At a dose of 40mg/kg b.w. (experiment 11), excretion via bile was found to be about 3.4% of the administered radioactivity in female animals within 72h.
For both experiments, biliary excretion was highest within the first 6h post dosing and declined gradually thereafter until 72h. Assuming that the amount of radioactivity excreted represents the bioavailable portion (sum of % radioactivity in urine, cage wash, carcass and bile) of the dose, bioavailability was calculated in the bile excretion experiments to be approximately 75-98% for both dose levels. (Refer to Table 7)

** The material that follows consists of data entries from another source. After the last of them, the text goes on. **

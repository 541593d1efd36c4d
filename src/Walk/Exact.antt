-- ===== src/Walk/Exact.antt =====
-- The answer of the retract guard, against what the untouched sidecars state.
use git_lex.Base.{
  ◌≡◌, ◌↔◌, ◌⊎◌, refl, ap, sym, ◌∙◌, inl, inr, Bool, true, false, ◌||◌, Option, some, List, [],
  Result, ok,
}
use git_lex.Text.{Text}
use git_lex.Sets.{member, extend, member-extend}
use git_lex.Fallible.{and_then-ok}
use git_lex.Walk.{WalkCommit, GraphStore}
use git_lex.Walk.Terms.{take_term, unbracketed, file_iri_document, file_id_of, file_id_line}
use git_lex.Walk.Sidecars.{SidecarReader, derive_source_document, resolve_sidecar_at}
use git_lex.Walk.Names.{derive_source_document-eq_some}
use git_lex.Walk.World.{Says, Anywhere, Untouched, IsDiff}
use git_lex.Walk.Engine.{WalkState, old_paths, new_paths}
use git_lex.Walk.Batch.{IsFact, view}
use git_lex.Walk.Events.{IsStatement}
use git_lex.Walk.Guard.{subject_documents, guard_documents, scan, places, retracts_still_live}
use git_lex.Walk.Found.{guard_documents-finds}
use git_lex.Walk.Documents.{FollowsEdge, subject_documents-finds, subject_documents-own}
use git_lex.Walk.Places.{Outside}
use git_lex.Walk.Scanned.{scan-places}

module _ (from_utf8 : Text → Option Text) (is_iri : Text → Bool) where
  -- What ties a statement to its document: its subject is the document's file, or a thing whose
  -- file edge stands beside it.
  abbrev pub IsAnchored : Text → List Text → Text → Type 0
  IsAnchored doc lines subject =
      (file_iri_document from_utf8 (unbracketed subject) ≡ some doc)
      ⊎ ((file : Text) × (member (file_id_line subject file) lines ≡ true)
          × (file_id_of (file_id_line subject file) ≡ some (subject, file))
          × (is_iri (unbracketed subject) ≡ true)
          × (file_iri_document from_utf8 (unbracketed file) ≡ some doc))

  -- What holds of a line that a document's sidecar states.
  pub record IsEmitted (doc : Text) (lines : List Text) (q : Text) : Type 0 where
    pub statement : IsStatement q
    pub fact : IsFact q
    pub plain : (term file : Text) → file_id_of q ≡ some (term, file) → q ≡ file_id_line term file
    pub subject : Text
    pub rest : Text
    pub starts : take_term q ≡ some (subject, rest)
    pub anchored : IsAnchored doc lines subject

  -- Every line that a sidecar states at some commit is a plain statement of the document that the
  -- sidecar's name gives.
  abbrev pub IsAnchoredHistory :
      {O E : Type 0} → SidecarReader O E → (List Text → Text → Text → Result E (List Text)) → Type 0
  IsAnchoredHistory reader resolve_lines =
      (sha path q : Text) (lines : List Text)
      → resolve_sidecar_at reader resolve_lines sha path ≡ ok lines
      → member q lines ≡ true
      → (doc : Text) × (derive_source_document path ≡ some doc) × IsEmitted doc lines q

  module _ {S O E : Type 0} (graph : GraphStore S E) (reader : SidecarReader O E)
      (resolve_lines : List Text → Text → Text → Result E (List Text))
      (anchored : IsAnchoredHistory reader resolve_lines) where
    abbrev resolve : Text → Text → Result E (List Text)
    resolve = resolve_sidecar_at reader resolve_lines

    -- What a sidecar states was emitted for the document in the sidecar's name.
    pub resolve-IsEmitted :
        (sha path q : Text) (lines : List Text)
        → resolve sha path ≡ ok lines
        → member q lines ≡ true
        → (doc : Text) × (derive_source_document path ≡ some doc) × IsEmitted doc lines q
    resolve-IsEmitted sha path q lines e m = anchored sha path q lines e m

    abbrev pub touched_by : WalkCommit → List Text
    touched_by c = extend (old_paths c) (new_paths c)

    neither : (a b c : Bool) → c ≡ (a || b) → c ≡ false → (a ≡ false) × (b ≡ false)
    neither true b c e h = let g : true ≡ false = sym e ∙ h in cc
    neither false b c e h = (refl, sym e ∙ h)

    -- The subject's turn reads the document that an untouched sidecar states it for.
    finds :
        (c : WalkCommit) (st : WalkState S)
        → IsDiff resolve c
        → ((q : Text) → IsFact q → Says resolve Anywhere c.parent_sha q → view graph q st ≡ true)
        → ((term file : Text)
            → file_id_of (file_id_line term file) ≡ some (term, file)
            → FollowsEdge term file st)
        → (path doc : Text) (lines : List Text) (subject : Text) → Untouched c path
        → resolve c.sha path ≡ ok lines
        → IsAnchored doc lines subject
        → (docs out : List Text) → subject_documents from_utf8 is_iri graph subject st docs ≡ ok out
        → member doc out ≡ true
    finds c st d held follows path doc lines subject (a, b) e (inl own) docs out h =
        subject_documents-own from_utf8 is_iri graph subject doc st docs out own h
    finds c st d held follows path doc lines subject (a, b) e (inr (file, m, edge, iri, names)) docs
          out h =
        let line = file_id_line subject file in
        let (_, _, emitted) = resolve-IsEmitted c.sha path line lines e m in
        subject_documents-finds from_utf8 is_iri graph subject file doc st docs out iri edge
          (follows subject file edge)
          (held line emitted.fact (path, lines, tt, sym (d.kept path a b) ∙ e, m)) names h

    -- The hypotheses that the walk keeps: what the base says holds, and the file edges are followed.
    pub retracts_still_live-exact :
        (c : WalkCommit) (st : WalkState S) (retracts live : List Text) (z : Text)
        → IsDiff resolve c
        → ((q : Text) → IsFact q → Says resolve Anywhere c.parent_sha q → view graph q st ≡ true)
        → ((term file : Text)
            → file_id_of (file_id_line term file) ≡ some (term, file)
            → FollowsEdge term file st)
        → retracts_still_live from_utf8 is_iri graph reader resolve_lines retracts
            (touched_by c)
            c
            st
          ≡ ok live
        → member z retracts ≡ true
        → (member z live ≡ true) ↔ Says resolve (Untouched c) c.sha z
    unfolding retracts_still_live
    retracts_still_live-exact c st retracts live z d held follows h m =
        let (docs, listed, scanned) =
          and_then-ok (guard_documents from_utf8 is_iri graph retracts st [] [])
            (λ docs. scan reader resolve_lines retracts (touched_by c) c.sha (places docs) []) live
            h in
        let (sound, complete) =
          scan-places reader resolve_lines retracts (touched_by c) docs c.sha live z scanned in
        (
          λ k.
              let (path, lines, o, e, n) = sound k in
              (
                path,
                lines,
                neither (member path (old_paths c)) (member path (new_paths c)) _
                    (member-extend path (old_paths c) (new_paths c)) o,
                e,
                n,
              ),
          λ (path, lines, (a, b), e, n).
              let (doc, named, emitted) = resolve-IsEmitted c.sha path z lines e n in
              let (suffix, s, eq) = derive_source_document-eq_some path doc named in
              let untouched : Outside (touched_by c) path =
                member-extend path (old_paths c) (new_paths c)
                ∙ ap (λ x. x || member path (new_paths c)) a
                ∙ b in
              complete doc suffix lines
                (guard_documents-finds from_utf8 is_iri graph emitted.subject doc z emitted.rest
                  retracts st [] [] docs
                  (finds c st d held follows path doc lines emitted.subject (a, b) e
                    emitted.anchored)
                  emitted.starts m (λ g. cc) listed)
                s (ap (λ p. member p (touched_by c)) (sym eq) ∙ untouched)
                (ap (resolve c.sha) (sym eq) ∙ e) n m,
        )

Applicant's summary and conclusion

Conclusions:
Interpretation of results (migrated information): no bioaccumulation potential based on study results
Putting all data together, it is concluded that after single oral administration, 14C-Protectol PE was rapidly and almost completely absorbed from the gastrointestinal tract. The excretion of radioactivity was very rapid and occurred mainly via the urine within 24h post dosing. Based on the amounts of radioactivity excreted via bile and urine, the high bioavailability of 14C-Protectol PE was confirmed, since the sum of radioactivity excreted via bile and urine was over 90% of the recovered radioactivity in the bile experiments. Within the current study, the bioavailability of 14C-Protectol PE was comparable at the dose of 400 and 40 mg/kg b.w. The plasma kinetics demonstrated that an increase of the dose resulted in an over proportional increase of the AUC-values, indicating a saturation of excretion with increasing dose. After absorption, radioactive material was distributed in all organs and tissues.